Proton MR spectroscopy may be useful in diagnosing delirium

By Wayne Forrest, contributing writer

December 16, 2010 -- Researchers at the University of Iowa are using proton MR spectroscopy to assess brain abnormalities, shedding light on the development of delirium in bone marrow transplant patients, according to a study presented at this month's RSNA meeting.
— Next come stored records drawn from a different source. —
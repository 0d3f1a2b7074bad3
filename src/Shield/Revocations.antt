-- ===== src/Shield/Revocations.antt =====
-- outbox.rs: the sessions that the dashboard revokes, as its responses say.
use project_black_monolith.Prelude.{
  ℕ, ◌≡◌, refl, ◌↔◌, ◌⊎◌, inl, inr, Bool, true, false, not, ◌&&◌, ◌||◌, Option, none, some, [],
  length, leb, if◌then◌else◌, Bool-cases, arith,
}
use project_black_monolith.Text.{
  Text, codes, text_eq_iff, trim, is_empty, any, is_control, byte_len,
}
use project_black_monolith.Map.{TextSet, member, add, member-add}
use project_black_monolith.Json.{
  Json, null, bool, number, string, array, object, Items, nil, cons, get_member, as_array,
}
use project_black_monolith.Shield.Proxy.Gate.{is_session_revoked}

-- `!id.is_empty() && id.len() <= 128 && id.chars().all(|c| !c.is_control())`
unfoldable pub is_session_id : Text → Bool
unfolding is_empty byte_len any is_control
is_session_id id = not (is_empty id) && leb (byte_len id) 128 && not (any is_control id)

-- The set of the ids that pass, of the strings of the list
unfoldable collect_ids : Items → TextSet
unfolding trim is_session_id add
collect_ids nil = []
collect_ids (cons (string s) values) =
    let rest = collect_ids values in if is_session_id (trim s) then add rest (trim s) else rest
collect_ids (cons null values) = collect_ids values
collect_ids (cons (bool b) values) = collect_ids values
collect_ids (cons (number n) values) = collect_ids values
collect_ids (cons (array vs) values) = collect_ids values
collect_ids (cons (object ms) values) = collect_ids values

-- The count, and the sessions that are revoked after; without a usable list nothing changes.
unfoldable adopt : TextSet → Option Items → Option ℕ × TextSet
unfolding collect_ids
adopt revoked none = (none, revoked)
adopt revoked (some values) = let cleaned = collect_ids values in (some (length cleaned), cleaned)

unfoldable pub snapshot_of : Option Json → Option Items
unfolding get_member
snapshot_of none = none
snapshot_of (some value) = as_array (get_member value (codes "revoked_sessions"))

-- `from_str` is serde_json's parser.
unfoldable pub observe_revoked_sessions : (Text → Option Json) → TextSet → Text → Option ℕ × TextSet
unfolding adopt snapshot_of
observe_revoked_sessions from_str revoked body = adopt revoked (snapshot_of (from_str body))

-- The id is listed: a string of the list is it, with blanks around it perhaps.
abbrev pub Lists : Items → Text → Type 0
Lists nil id = ⊥
Lists (cons (string s) values) id = (trim s ≡ id) ⊎ Lists values id
Lists (cons null values) id = Lists values id
Lists (cons (bool b) values) id = Lists values id
Lists (cons (number n) values) id = Lists values id
Lists (cons (array vs) values) id = Lists values id
Lists (cons (object ms) values) id = Lists values id

collect_ids_iff :
    (values : Items) (id : Text)
    → is_session_id id ≡ true
    → (member (collect_ids values) id ≡ true) ↔ Lists values id
unfolding collect_ids member
collect_ids_iff nil id h = (λ e. cc, λ e. absurd e)
collect_ids_iff (cons null values) id h = collect_ids_iff values id h
collect_ids_iff (cons (bool b) values) id h = collect_ids_iff values id h
collect_ids_iff (cons (number n) values) id h = collect_ids_iff values id h
collect_ids_iff (cons (array vs) values) id h = collect_ids_iff values id h
collect_ids_iff (cons (object ms) values) id h = collect_ids_iff values id h
collect_ids_iff (cons (string s) values) id h =
    let rest = collect_ids_iff values id h in
    elim (Bool-cases (is_session_id (trim s))) [
      | inl fits ↦
          rw (fits, member-add (collect_ids values) (trim s) id)
            (ground (arith, text_eq_iff (trim s) id, rest))
      | inr unfit ↦ rw unfit (
        λ e. inr (rest.0 e),
        λ e. elim e [ inl same ↦ absurd (cc (same, unfit, h)) | inr listed ↦ rest.1 listed ],
      )
    ]

-- What a response says of a session, with what was known before
abbrev pub IsRevokedBy : TextSet → Option Items → Text → Type 0
IsRevokedBy revoked none id = is_session_revoked revoked id ≡ true
IsRevokedBy revoked (some values) id = Lists values id

is_session_revoked-member :
    (revoked : TextSet) (id : Text)
    → trim id ≡ id
    → is_session_id id ≡ true
    → is_session_revoked revoked id ≡ member revoked id
unfolding is_session_revoked is_session_id
is_session_revoked-member revoked id trimmed h =
    let plain : is_empty id || not (leb (byte_len id) 128) ≡ false = ground arith in
    rw (trimmed, plain) refl

adopt_iff :
    (revoked : TextSet) (snapshot : Option Items) (id : Text)
    → trim id ≡ id
    → is_session_id id ≡ true
    → (is_session_revoked ((adopt revoked snapshot).1) id ≡ true) ↔ IsRevokedBy revoked snapshot id
unfolding adopt
adopt_iff revoked none id trimmed h = (λ e. e, λ e. e)
adopt_iff revoked (some values) id trimmed h =
    rw (is_session_revoked-member (collect_ids values) id trimmed h) (collect_ids_iff values id h)

-- A session is revoked after a usable snapshot exactly if the snapshot lists it, and after any other
-- response exactly if it was before: a broken response lifts no revocation. The id is trimmed, not
-- empty, of at most 128 bytes and without control characters.
pub observe_revoked_sessions-is_session_revoked :
    (from_str : Text → Option Json) (revoked : TextSet) (body id : Text)
    → trim id ≡ id
    → is_session_id id ≡ true
    → (is_session_revoked ((observe_revoked_sessions from_str revoked body).1) id ≡ true)
      ↔ IsRevokedBy revoked (snapshot_of (from_str body)) id
unfolding observe_revoked_sessions
observe_revoked_sessions-is_session_revoked from_str revoked body id trimmed h =
    adopt_iff revoked (snapshot_of (from_str body)) id trimmed h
Proton spectroscopy shows promise for studying delirium because it measures levels of brain metabolites such as N-acetylaspartate (NAA), choline (Cho), and creatine (Cr), which are essential for cell processes that can offer insight into a disease's physical and biochemical functions.

Previous research has found a high risk of delirium among bone marrow transplant patients and blood stem cell transplant patients. As many as 50% of post-transplant patients experience an onset of delirium within two weeks of transplant.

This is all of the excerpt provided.